» **Exercise prompt**
Below are entries. Copy exactly the lines running from the line that holds "IsCounted id r ds" to the line that holds "t.decisions ≡ d ∷ s.decisions", with both ends included.

» **Information shown**
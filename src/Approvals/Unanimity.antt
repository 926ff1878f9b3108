-- ===== src/Approvals/Unanimity.antt =====
-- internal/approvals/service.go: the invariant that relates requests to decisions, and one vote.
use meeseek_collective.Common.{
  ◌≡◌, ◌≢◌, refl, sym, subst, ◌∙◌, ◌⊎◌, inl, inr, true, none, some, List, ◌∷◌, String, arith,
  length, string_dec,
}
use meeseek_collective.Common.Sets.{has_string, Distinct, IsSorted}
use meeseek_collective.Common.Rows.{count, find, find-update_cases, find_missing}
use meeseek_collective.Domain.{ApprovalState}
use meeseek_collective.Approvals.Requests.{
  Action, approve, reject, Request, Decision, Registry, request_key,
}
use meeseek_collective.Approvals.Decisions.{find_decision, approves}
use meeseek_collective.Approvals.Tally.{tally, tally-foreign, tally-approved, tally-rejected}
use meeseek_collective.Approvals.Steps.{Outcome, waits, grants, refuses}

abbrev pub IsGranted : ApprovalState → Type 0
IsGranted x = (x ≡ ApprovalState.approved) ⊎ (x ≡ ApprovalState.consumed)

-- What holds of the row of a request: the service's count is the count of approvers who approved,
-- and a granted request has them all.
pub record IsCounted (i : String) (r : Request) (ds : List Decision) : Type 0 where
  pub sorted : IsSorted r.required
  pub counted : count (approves i) ds ≡ tally i ds r.required
  pub granted : IsGranted r.state → count (approves i) ds ≡ length r.required

-- A request that is not there has no decisions.
pub record IsForeign (i : String) (ds : List Decision) : Type 0 where
  pub uncounted : count (approves i) ds ≡ 0
  pub untallied : (xs : List String) → tally i ds xs ≡ 0

pub record IsSound (s : Registry) : Type 0 where
  pub rows : (i : String) (r : Request) → find i s.requests ≡ some r → IsCounted i r s.decisions
  pub strangers : (i : String) → find i s.requests ≡ none → IsForeign i s.decisions

count-foreign :
    (i : String) (d : Decision) (ds : List Decision)
    → d.approval ≢ i
    → count (approves i) (d ∷ ds) ≡ count (approves i) ds
unfolding count
count-foreign i d ds n = ground arith

pub foreign-IsCounted :
    (i : String) (r : Request) (d : Decision) (ds : List Decision)
    → d.approval ≢ i
    → IsCounted i r ds
    → IsCounted i r (d ∷ ds)
foreign-IsCounted i r d ds n v = record {
  sorted = v.sorted;
  counted = count-foreign i d ds n ∙ v.counted ∙ sym (tally-foreign i d ds r.required n);
  granted = λ g. count-foreign i d ds n ∙ v.granted g;
}

pub kept-IsForeign :
    (i : String) (d : Decision) (ds : List Decision)
    → d.approval ≢ i
    → IsForeign i ds
    → IsForeign i (d ∷ ds)
kept-IsForeign i d ds n v = record {
  uncounted = count-foreign i d ds n ∙ v.uncounted;
  untallied = λ xs. tally-foreign i d ds xs n ∙ v.untallied xs;
}

-- The first decision of a required approver moves both counts alike.
pub vote_counted :
    (i : String) (d : Decision) (ds : List Decision) (xs : List String)
    → d.approval ≡ i
    → find_decision i d.approver ds ≡ none
    → Distinct xs
    → has_string xs d.approver ≡ true
    → count (approves i) ds ≡ tally i ds xs
    → count (approves i) (d ∷ ds) ≡ tally i (d ∷ ds) xs
unfolding count
vote_counted i d ds xs own new distinct member same = elim (action_cases d.action) [
  | inl e ↦ ground (arith, tally-approved i d ds xs own e new distinct member, same, own, e)
  | inr e ↦ ground (arith, tally-rejected i d ds xs own e new, same, own, e)
]
  where
    action_cases : (a : Action) → (a ≡ approve) ⊎ (a ≡ reject)
    action_cases approve = inl refl
    action_cases reject = inr refl

-- The rows after a vote: those of other requests as they were, and that of its own.
pub data Voted (id : String) (r : Request) (d : Decision) (ds : List Decision) (old : List Request)
    (j : String) (x : Request) : Type 0 where
  other : j ≢ id → find j old ≡ some x → Voted id r d ds old j x
  own :
      j ≡ id
      → x.required ≡ r.required
      → (IsGranted x.state → count (approves id) (d ∷ ds) ≡ length r.required)
      → Voted id r d ds old j x

pub Outcome-Voted :
    (id : String) (r : Request) (d : Decision) (ds : List Decision) (old new : List Request)
    → Outcome id r d ds old new
    → find id old ≡ some r
    → r.state ≡ ApprovalState.pending
    → (j : String) (x : Request) → find j new ≡ some x
    → Voted id r d ds old j x
Outcome-Voted id r d ds old new (waits act e) fr pending j x fx = elim (string_dec j id) [
  | no n ↦ other n (subst (λ rows. find j rows ≡ some x) e fx)
  | yes same ↦
      own same (ground (arith, e, same, fx, fr))
        (λ g. absurd (ground (arith, e, same, fx, fr, pending, g)))
]
Outcome-Voted id r d ds old new (grants f act full fr' keeps e) fr pending j x fx =
    elim (find-update_cases id j f old keeps (subst (λ rows. find j rows ≡ some x) e fx)) [
      | inl (n, was) ↦ other n was
      | inr (y, same, was, w) ↦ own same (ground (arith, same, was, w, fr, fr')) (λ g. full)
    ]
Outcome-Voted id r d ds old new (refuses f act fr' keeps e) fr pending j x fx =
    elim (find-update_cases id j f old keeps (subst (λ rows. find j rows ≡ some x) e fx)) [
      | inl (n, was) ↦ other n was
      | inr (y, same, was, w) ↦
          own same (ground (arith, same, was, w, fr, fr'))
            (λ g. absurd (ground (arith, same, was, w, fr, fr', g)))
    ]

pub voted_missing :
    (id : String) (r : Request) (d : Decision) (ds : List Decision) (old new : List Request)
    → Outcome id r d ds old new
    → (j : String) → find j new ≡ none
    → find j old ≡ none
voted_missing id r d ds old new (waits act e) j h = subst (λ rows. find j rows ≡ none) e h
voted_missing id r d ds old new (grants f act full fr' keeps e) j h =
    find_missing id j f old keeps (subst (λ rows. find j rows ≡ none) e h)
voted_missing id r d ds old new (refuses f act fr' keeps e) j h =
    find_missing id j f old keeps (subst (λ rows. find j rows ≡ none) e h)
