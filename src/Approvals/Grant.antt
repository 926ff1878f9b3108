-- ===== src/Approvals/Grant.antt =====
-- internal/approvals/service.go: each call against the count of the approvals, and the runs of calls.
use meeseek_collective.Common.{
  ◌≡◌, ◌≢◌, sym, ap, subst, ◌∙◌, inl, inr, true, Option, none, some, List, [], ◌∷◌, String, arith,
  length,
}
use meeseek_collective.Common.Sets.{has_string, IsSorted, IsSorted-Distinct}
use meeseek_collective.Common.Rows.{
  count, find, update, insert, KeepsKey, find-update_cases, find-insert_cases, find_missing,
  find_uninserted, insert_fresh,
}
use meeseek_collective.Domain.{ApprovalState}
use meeseek_collective.Approvals.Requests.{Request, Decision, Registry, request_key, is_approved}
use meeseek_collective.Approvals.Decisions.{set_state, find_decision, approves, Call, after, run}
use meeseek_collective.Approvals.Tally.{approved_by, tally, tally_full}
use meeseek_collective.Approvals.Steps.{Outcome, Step, stays, opens, votes, uses, after-Step}
use meeseek_collective.Approvals.Unanimity.{
  IsGranted, IsCounted, IsForeign, IsSound, Voted, other, own, Outcome-Voted, voted_missing,
  vote_counted, foreign-IsCounted, kept-IsForeign,
}

-- A new request has no decisions yet.
opened-IsCounted :
    (r : Request) (ds : List Decision)
    → r.state ≡ ApprovalState.pending
    → IsSorted r.required
    → IsForeign r.id ds
    → IsCounted r.id r ds
opened-IsCounted r ds pending sorted v = record {
  sorted = sorted;
  counted = v.uncounted ∙ sym (v.untallied r.required);
  granted = λ g. absurd (ground (arith, pending, g));
}

opens-IsSound :
    (s : Registry) (r : Request) (rows : List Request)
    → r.state ≡ ApprovalState.pending
    → IsSorted r.required
    → insert r s.requests ≡ some rows
    → IsSound s
    → IsSound (record s { requests = rows })
opens-IsSound s r rows pending sorted ins v = record {
  rows = λ i x e. elim (find-insert_cases r s.requests i ins e) [
    | inl (k, w) ↦
        subst (λ j. IsCounted j x s.decisions) k
          (subst (λ y. IsCounted r.id y s.decisions) (sym w)
            (opened-IsCounted r s.decisions pending sorted
              (v.strangers r.id (insert_fresh r s.requests ins))))
    | inr was ↦ v.rows i x was
  ];
  strangers = λ i e. v.strangers i (find_uninserted r s.requests i ins e);
}

-- The request that a vote is about.
own-IsCounted :
    (id : String) (r x : Request) (d : Decision) (ds : List Decision)
    → d.approval ≡ id
    → find_decision id d.approver ds ≡ none
    → has_string r.required d.approver ≡ true
    → x.required ≡ r.required
    → (IsGranted x.state → count (approves id) (d ∷ ds) ≡ length r.required)
    → IsCounted id r ds
    → IsCounted id x (d ∷ ds)
own-IsCounted id r x d ds mine new member same full v = record {
  sorted = subst IsSorted (sym same) v.sorted;
  counted =
      vote_counted id d ds r.required mine new (IsSorted-Distinct r.required v.sorted) member
        v.counted
      ∙ ap (tally id (d ∷ ds)) (sym same);
  granted = λ g. full g ∙ ap length (sym same);
}

votes-IsSound :
    (s t : Registry) (id : String) (r : Request) (d : Decision)
    → find id s.requests ≡ some r
    → r.state ≡ ApprovalState.pending
    → d.approval ≡ id
    → has_string r.required d.approver ≡ true
    → find_decision id d.approver s.decisions ≡ none
    → t.decisions ≡ d ∷ s.decisions
    → Outcome id r d s.decisions s.requests t.requests
    → IsSound s
    → IsSound t
votes-IsSound s t id r d fr pending mine member new e outcome v = record {
  rows = λ j x fx. subst (IsCounted j x) (sym e) (
      counted j x
        (Outcome-Voted id r d s.decisions s.requests t.requests outcome fr pending j x fx));
  strangers = λ j h.
      subst (IsForeign j) (sym e)
        (foreign j (voted_missing id r d s.decisions s.requests t.requests outcome j h));
}
  where
    not_voted : (j : String) → j ≢ id → d.approval ≢ j
    not_voted j n k = n (sym k ∙ mine)

    counted :
        (j : String) (x : Request)
        → Voted id r d s.decisions s.requests j x
        → IsCounted j x (d ∷ s.decisions)
    counted j x (other n was) = foreign-IsCounted j x d s.decisions (not_voted j n) (v.rows j x was)
    counted j x (own k same full) =
        subst (λ i. IsCounted i x (d ∷ s.decisions)) (sym k)
          (own-IsCounted id r x d s.decisions mine new member same full (v.rows id r fr))

    foreign : (j : String) → find j s.requests ≡ none → IsForeign j (d ∷ s.decisions)
    foreign j h =
        kept-IsForeign j d s.decisions
          (not_voted j (λ k. clash (sym fr ∙ subst (λ i. find i s.requests ≡ none) k h)))
          (v.strangers j h)
      where
        clash : ◌≡◌ {A = Option Request} (some r) none → ⊥
        clash h' = cc

uses-IsSound :
    (s : Registry) (id : String) (r : Request)
    → find id s.requests ≡ some r
    → r.state ≡ ApprovalState.approved
    → IsSound s
    → IsSound (record s {
      requests = update id (set_state ApprovalState.consumed is_approved) s.requests;
    })
uses-IsSound s id r fr approved v = record {
  rows = λ j x e. elim (find-update_cases id j f s.requests keeps e) [
    | inl (n, was) ↦ v.rows j x was
    | inr (y, k, was, w) ↦
        let old = v.rows j y was in
        subst (λ z. IsCounted j z s.decisions) (sym w)
          (record {
            sorted = subst IsSorted (sym (required y)) old.sorted;
            counted = old.counted ∙ ap (tally j s.decisions) (sym (required y));
            granted = λ g.
                old.granted (inl (ground (arith, k, was, fr, approved)))
                ∙ ap length (sym (required y));
          })
  ];
  strangers = λ j h. v.strangers j (find_missing id j f s.requests keeps h);
}
  where
    f : Request → Request
    f = set_state ApprovalState.consumed is_approved

    keeps : KeepsKey f
    keeps y = ground arith

    required : (y : Request) → (f y).required ≡ y.required
    required y = ground arith

pub Step-IsSound : (s t : Registry) → Step s t → IsSound s → IsSound t
Step-IsSound s t (stays e) v = subst IsSound (sym e) v
Step-IsSound s t (opens r rows pending sorted ins e) v =
    subst IsSound (sym e) (opens-IsSound s r rows pending sorted ins v)
Step-IsSound s t (votes id r d fr pending mine member new e outcome) v =
    votes-IsSound s t id r d fr pending mine member new e outcome v
Step-IsSound s t (uses id r fr approved e) v =
    subst IsSound (sym e) (uses-IsSound s id r fr approved v)

pub after-IsSound : (s : Registry) (c : Call) → IsSound s → IsSound (after s c)
after-IsSound s c v = Step-IsSound s (after s c) (after-Step s c) v

-- Every sequence of calls keeps the tables sound.
pub run-IsSoundRegistry : (s : Registry) (cs : List Call) → IsSound s → IsSound (run s cs)
unfolding run
run-IsSoundRegistry s [] v = v
run-IsSoundRegistry s (c ∷ cs) v = run-IsSoundRegistry (after s c) cs (after-IsSound s c v)

-- After any calls on sound tables a request that is approved or consumed has the recorded approval of
-- every approver that it requires.
pub run_unanimous :
    (s : Registry) (cs : List Call) (i : String) (r : Request) (x : String)
    → IsSound s
    → find i (run s cs).requests ≡ some r
    → IsGranted r.state
    → has_string r.required x ≡ true
    → approved_by i (run s cs).decisions x ≡ true
run_unanimous s cs i r x v fr granted member =
    let w = (run-IsSoundRegistry s cs v).rows i r fr in
    tally_full i (run s cs).decisions r.required x (sym w.counted ∙ w.granted granted) member
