-- ===== src/Approvals/Lifecycle.antt =====
-- internal/approvals/service.go: terminal states, the use of an approval, the state EXPIRED, and a
-- repeated creation.
use meeseek_collective.Common.{
  ℕ, ◌≡◌, ◌≢◌, refl, ap, subst, ◌∙◌, ◌⊎◌, inl, inr, true, some, List, [], ◌∷◌, String, arith,
  Option-cases,
}
use meeseek_collective.Common.Text.{trim_space}
use meeseek_collective.Common.Rows.{
  find, insert, find-update_ne, find-update_self, find-update_cases, find-insert_cases,
  find-insert_other,
}
use meeseek_collective.Common.Result.{Error, ok, err, Result-cases}
use meeseek_collective.Domain.{ApprovalState}
use meeseek_collective.Approvals.Requests.{
  CreateRequest, Request, Decision, Registry, request_key, same_list, is_approved,
  load_by_subject_digest, new_request, create_in_tx, validate_create, same_create,
}
use meeseek_collective.Approvals.Decisions.{set_state, consume_in_tx, Call, after, run}
use meeseek_collective.Approvals.Steps.{
  Outcome, waits, grants, refuses, Step, stays, opens, votes, uses, after-Step, consume_cases,
}

abbrev pub IsTerminal : ApprovalState → Type 0
IsTerminal x =
    (x ≡ ApprovalState.rejected) ⊎ ((x ≡ ApprovalState.expired) ⊎ (x ≡ ApprovalState.consumed))

Outcome-other :
    (id : String) (r : Request) (d : Decision) (ds : List Decision) (old new : List Request)
    → Outcome id r d ds old new
    → (j : String) → j ≢ id
    → find j new ≡ find j old
Outcome-other id r d ds old new (waits act e) j n = ap (find j) e
Outcome-other id r d ds old new (grants f act full fr keeps e) j n =
    ap (find j) e ∙ find-update_ne id j f old keeps n
Outcome-other id r d ds old new (refuses f act fr keeps e) j n =
    ap (find j) e ∙ find-update_ne id j f old keeps n

Step-terminal :
    (s t : Registry) (i : String) (r : Request)
    → Step s t
    → find i s.requests ≡ some r
    → IsTerminal r.state
    → find i t.requests ≡ some r
Step-terminal s t i r (stays e) fr end = ground (arith, e, fr)
Step-terminal s t i r (opens x rows pending sorted ins e) fr end =
    ground (arith, e, find-insert_other i x s.requests ins fr)
Step-terminal s t i r (votes id x d fx pending mine member new e outcome) fr end =
    Outcome-other id x d s.decisions s.requests t.requests outcome i
      (λ k. ground (arith, k, fx, pending, fr, end))
    ∙ fr
Step-terminal s t i r (uses id x fx approved e) fr end =
    ap (λ (y : Registry). find i y.requests) e
    ∙ find-update_ne id i (set_state ApprovalState.consumed is_approved) s.requests
        (λ y. ground arith) (λ k. ground (arith, k, fx, approved, fr, end))
    ∙ fr

-- No call changes a request that is rejected, expired or consumed.
pub run_terminal :
    (s : Registry) (cs : List Call) (i : String) (r : Request)
    → find i s.requests ≡ some r
    → IsTerminal r.state
    → find i (run s cs).requests ≡ some r
unfolding run
run_terminal s [] i r fr end = fr
run_terminal s (c ∷ cs) i r fr end =
    run_terminal (after s c) cs i r (Step-terminal s (after s c) i r (after-Step s c) fr end) end

-- An approval that has been consumed is not consumed again: after any calls, at any time and under any
-- digest, the second use is refused.
pub consume_once :
    (now later : ℕ) (approval digest other : String) (s t : Registry) (cs : List Call)
    → consume_in_tx now approval digest s ≡ ok (tt, t)
    → (e : Error) × (consume_in_tx later approval other (run t cs) ≡ err e)
consume_once now later approval digest other s t cs h =
    let (r, fr, approved, e) = consume_cases now approval digest s t h in
    let f : Request → Request = set_state ApprovalState.consumed is_approved in
    let used : find (trim_space approval) t.requests ≡ some (f r) =
      ap (λ (x : Registry). find (trim_space approval) x.requests) e
      ∙ find-update_self (trim_space approval) f s.requests (λ y. ground arith) fr in
    let spent : (f r).state ≡ ApprovalState.consumed = ground (arith, approved) in
    let still = run_terminal t cs (trim_space approval) (f r) used (inr (inr spent)) in
    elim (Result-cases (consume_in_tx later approval other (run t cs))) [
      | inl (u, t', h') ↦
          let (r', fr', approved', e') = consume_cases later approval other (run t cs) t' h' in
          absurd (ground (arith, still, fr', approved', spent))
      | inr w ↦ w
    ]

Outcome-unexpired :
    (id : String) (r : Request) (d : Decision) (ds : List Decision) (old new : List Request)
    → Outcome id r d ds old new
    → find id old ≡ some r
    → (j : String) (x : Request) → find j new ≡ some x
    → x.state ≡ ApprovalState.expired
    → find j old ≡ some x
Outcome-unexpired id r d ds old new (waits act e) fr j x fx end =
    subst (λ rows. find j rows ≡ some x) e fx
Outcome-unexpired id r d ds old new (grants f act full fr' keeps e) fr j x fx end =
    elim (find-update_cases id j f old keeps (subst (λ rows. find j rows ≡ some x) e fx)) [
      | inl (n, was) ↦ was
      | inr (y, same, was, w) ↦ absurd (ground (arith, same, was, w, fr, fr', end))
    ]
Outcome-unexpired id r d ds old new (refuses f act fr' keeps e) fr j x fx end =
    elim (find-update_cases id j f old keeps (subst (λ rows. find j rows ≡ some x) e fx)) [
      | inl (n, was) ↦ was
      | inr (y, same, was, w) ↦ absurd (ground (arith, same, was, w, fr, fr', end))
    ]

Step-unexpired :
    (s t : Registry) (i : String) (r : Request)
    → Step s t
    → find i t.requests ≡ some r
    → r.state ≡ ApprovalState.expired
    → find i s.requests ≡ some r
Step-unexpired s t i r (stays e) fr end = ground (arith, e, fr)
Step-unexpired s t i r (opens x rows pending sorted ins e) fr end =
    elim (find-insert_cases x s.requests i ins
      (subst (λ (y : Registry). find i y.requests ≡ some r) e fr)) [
        | inl (k, w) ↦ absurd (ground (arith, w, pending, end))
        | inr was ↦ was
      ]
Step-unexpired s t i r (votes id x d fx pending mine member new e outcome) fr end =
    Outcome-unexpired id x d s.decisions s.requests t.requests outcome fx i r fr end
Step-unexpired s t i r (uses id x fx approved e) fr end =
    elim (find-update_cases id i (set_state ApprovalState.consumed is_approved) s.requests
      (λ y. ground arith) (subst (λ (y : Registry). find i y.requests ≡ some r) e fr)) [
        | inl (n, was) ↦ was
        | inr (y, same, was, w) ↦ absurd (ground (arith, w, end))
      ]

-- A request that is expired after some calls was expired, and the same, before them: no call ever
-- brings a request into the state EXPIRED.
pub run_unexpired :
    (s : Registry) (cs : List Call) (i : String) (r : Request)
    → find i (run s cs).requests ≡ some r
    → r.state ≡ ApprovalState.expired
    → find i s.requests ≡ some r
unfolding run
run_unexpired s [] i r fr end = fr
run_unexpired s (c ∷ cs) i r fr end =
    Step-unexpired s (after s c) i r (after-Step s c) (run_unexpired (after s c) cs i r fr end) end

pub same_list_refl : (xs : List String) → same_list xs xs ≡ true
unfolding same_list
same_list_refl [] = refl
same_list_refl (x ∷ xs) = ground (arith, same_list_refl xs)

same_create_new :
    (fresh : String) (now : ℕ) (c : CreateRequest) → same_create (new_request fresh now c) c ≡ true
unfolding same_create new_request
same_create_new fresh now c = ground (arith, same_list_refl c.required)

load_new :
    (fresh : String) (now : ℕ) (c : CreateRequest) (rs ts : List Request)
    → insert (new_request fresh now c) rs ≡ some ts
    → load_by_subject_digest c.subject_kind c.subject c.digest ts ≡ some (new_request fresh now c)
unfolding load_by_subject_digest insert new_request
load_new fresh now c rs ts ins = ground arith

validate_create_any :
    (now : ℕ) (q : CreateRequest) (s u t : Registry) (c : CreateRequest)
    → validate_create now q s ≡ ok (c, u)
    → (u ≡ s) × (validate_create now q t ≡ ok (c, t))
unfolding validate_create
validate_create_any now q s u t c h = ground arith

-- A request that has been answered, made again at the same time under another fresh identifier, is answered with the request of the
-- first call and changes nothing.
pub create_again :
    (fresh fresh' : String) (now : ℕ) (q : CreateRequest) (s t : Registry) (r : Request)
    → create_in_tx fresh now q s ≡ ok (r, t)
    → create_in_tx fresh' now q t ≡ ok (r, t)
unfolding create_in_tx
create_again fresh fresh' now q s t r h = elim (Result-cases (validate_create now q s)) [
  | inr (e, v) ↦ absurd (ground (arith, v, h))
  | inl (c, u, v) ↦
      let (same, v') = validate_create_any now q s u t c v in
      elim (Option-cases (load_by_subject_digest c.subject_kind c.subject c.digest s.requests)) [
        | inl none_ ↦ elim (Option-cases (insert (new_request fresh now c) s.requests)) [
          | inl clash ↦ absurd (ground (arith, v, h, same, none_, clash))
          | inr (rows, ins) ↦ ground (
            arith,
            v,
            v',
            h,
            same,
            none_,
            ins,
            load_new fresh now c s.requests rows ins,
            same_create_new fresh now c,
          )
        ]
        | inr (old, found) ↦ ground (arith, v, v', h, same, found)
      ]
]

» **Result of this task**
    → IsCounted id r ds
    → IsCounted id x (d ∷ ds)
own-IsCounted id r x d ds mine new member same full v = record {
  sorted = subst IsSorted (sym same) v.sorted;
  counted =
      vote_counted id d ds r.required mine new (IsSorted-Distinct r.required v.sorted) member
        v.counted
      ∙ ap (tally id (d ∷ ds)) (sym same);
  granted = λ g. full g ∙ ap length (sym same);
}

votes-IsSound :
    (s t : Registry) (id : String) (r : Request) (d : Decision)
    → find id s.requests ≡ some r
    → r.state ≡ ApprovalState.pending
    → d.approval ≡ id
    → has_string r.required d.approver ≡ true
    → find_decision id d.approver s.decisions ≡ none
    → t.decisions ≡ d ∷ s.decisions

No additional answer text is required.